Now, how well does gcc optimize this? Here, compiled with “g++ enumerate.cpp -std=c++11 -O3 -S”:

       .file "enumerate.cpp"
       .section .rodata.str1.1,"aMS",@progbits,1
       .string "%d " // The string we’re printing
       .string ""
       .section .text.startup,"ax",@progbits
       .p2align 4,,15
       .globl main
       .type main, @function
       subq $8, %rsp
       .cfi_def_cfa_offset 16
       movl $1, %edx      // Load 1
       movl $.LC0, %esi // Load “%d “
       movl $1, %edi     
       xorl %eax, %eax
       call __printf_chk // print “1 “
       movl $2, %edx    // Load 2
       movl $.LC0, %esi
       movl $1, %edi
       xorl %eax, %eax
       call __printf_chk // print “2 “
       movl $3, %edx    // Load 3...

GCC has optimized the loop entirely out! It is now equivalent to writing:

   printf( “%d “, 1 );
   printf( “%d “, 2 );
   // ...

We have found a truly zero-overhead abstraction with nicer syntax than in the past, and all with just a small amount of work.
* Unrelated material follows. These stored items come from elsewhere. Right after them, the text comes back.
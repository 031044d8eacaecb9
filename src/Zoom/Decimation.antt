-- ===== src/Zoom/Decimation.antt =====
-- class DecimationController of kv8zoom/DecimationController.cpp, with ZoomRate of kv8zoom/Config.h.
-- A time is a natural number of microseconds of the steady clock, a double its bit pattern.
use kv8_metrics.Prelude.{
  ℕ, ◌+◌, ◌/◌, min, max, Bool, true, false, ◌&&◌, List, [], ◌∷◌, ltb, if◌then◌else◌,
}
use kv8_metrics.Prelude.Int.{ℤ, int_lt}

pub record ZoomRate : Type 0 where
  pub zoom_max : ℤ
  pub rate_hz : ℤ

pub record NavState : Type 0 where
  pub last_emit : ℕ
  pub last_lat : ℕ
  pub last_lon : ℕ
  pub has_ref : Bool

-- `m_cfg`, with its rates sorted by the constructor, and the members.
pub record Controller : Type 0 where
  pub zoom_rates : List ZoomRate
  pub min_displacement : ℕ
  pub zoom : ℕ
  pub nav : NavState
  pub att : ℕ
  pub mot : ℕ
  pub wx : ℕ

-- The comparison of doubles and the distance of two positions.
pub record Floats : Type 0 where
  pub less : ℕ → ℕ → Bool
  pub haversine_dist : (lat1 lon1 lat2 lon2 : ℕ) → ℕ

-- The constructor; `sort` is std::sort by `zoom_max`.
unfoldable pub new_controller : (List ZoomRate → List ZoomRate) → List ZoomRate → ℕ → Controller
new_controller sort rates min_displacement = record {
  zoom_rates = sort rates;
  min_displacement = min_displacement;
  zoom = 15;
  nav = record { last_emit = 0; last_lat = 0; last_lon = 0; has_ref = false };
  att = 0;
  mot = 0;
  wx = 0;
}

unfoldable pub clamp_zoom : ℤ → ℕ
clamp_zoom (ℤ.pos z) = min 22 z
clamp_zoom (ℤ.negsuc z) = 0

unfoldable pub set_zoom : ℤ → Controller → Controller
unfolding clamp_zoom
set_zoom z c = record c { zoom = clamp_zoom z }

-- The loop of `IntervalUs`, with the rate so far.
unfoldable pub rate_at : ℕ → ℤ → List ZoomRate → ℤ
unfolding int_lt
rate_at zoom rate [] = rate
rate_at zoom rate (zr ∷ rates) =
    let further = rate_at zoom zr.rate_hz rates in
    if int_lt zr.zoom_max (ℤ.pos zoom) then further else zr.rate_hz

-- `if (rate_hz <= 0) rate_hz = 1`
unfoldable pub at_least_one : ℤ → ℕ
at_least_one (ℤ.pos n) = max 1 n
at_least_one (ℤ.negsuc n) = 1

unfoldable pub interval_us : Controller → ℕ
unfolding rate_at at_least_one
interval_us c = 1000000 / at_least_one (rate_at c.zoom (ℤ.pos 1) c.zoom_rates)

-- The displacement gate: the vehicle has not moved enough.
unfoldable pub too_near : Floats → (lat lon : ℕ) → Controller → Bool
too_near fl lat lon c =
    c.nav.has_ref
    && fl.less 0 c.min_displacement
    && fl.less (fl.haversine_dist lat lon c.nav.last_lat c.nav.last_lon) c.min_displacement

unfoldable pub should_emit_nav : Floats → (lat lon now : ℕ) → Controller → Controller × Bool
unfolding interval_us too_near
should_emit_nav fl lat lon now c =
    if ltb now (c.nav.last_emit + interval_us c)
    then (c, false)
    else if too_near fl lat lon c
    then (record c { nav = record c.nav { last_emit = now } }, false)
    else (
      record c { nav = record { last_emit = now; last_lat = lat; last_lon = lon; has_ref = true } },
      true,
    )

unfoldable pub should_emit_att : ℕ → Controller → Controller × Bool
unfolding interval_us
should_emit_att now c =
    if ltb now (c.att + interval_us c) then (c, false) else (record c { att = now }, true)

unfoldable pub should_emit_mot : ℕ → Controller → Controller × Bool
unfolding interval_us
should_emit_mot now c =
    if ltb now (c.mot + interval_us c) then (c, false) else (record c { mot = now }, true)

unfoldable pub should_emit_wx : ℕ → Controller → Controller × Bool
unfolding interval_us
should_emit_wx now c =
    if ltb now (c.wx + max (interval_us c) 2000000)
    then (c, false)
    else (record c { wx = now }, true)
We can even use this with STL functions.

   std::vector<int> toVector( const IRange& r ) {
       std::vector<int> v;
       std::copy( r.begin(), r.end(), std::back_inserter(v) );
       return v;
       // Alternatively: return std::vector<int>( r.begin(), r.end() );
   int main() {
       auto v = toVector( enumerate(1,10) );
       for( unsigned int x : v )
           printf( "%d ", x );

We cannot insert into an IRange, take an element out, or any modifying action, but we can easily create a vector or list from one and then modify that. We can save the creation of a vector or initializer_list by using this instead, and not calling std::iota. 

In conclusion, I want to note that the above implementation is under-tested and could possibly be more standard compliant; but I thought the trick was so neat that I’d try and share it anyway. Feedback is welcome.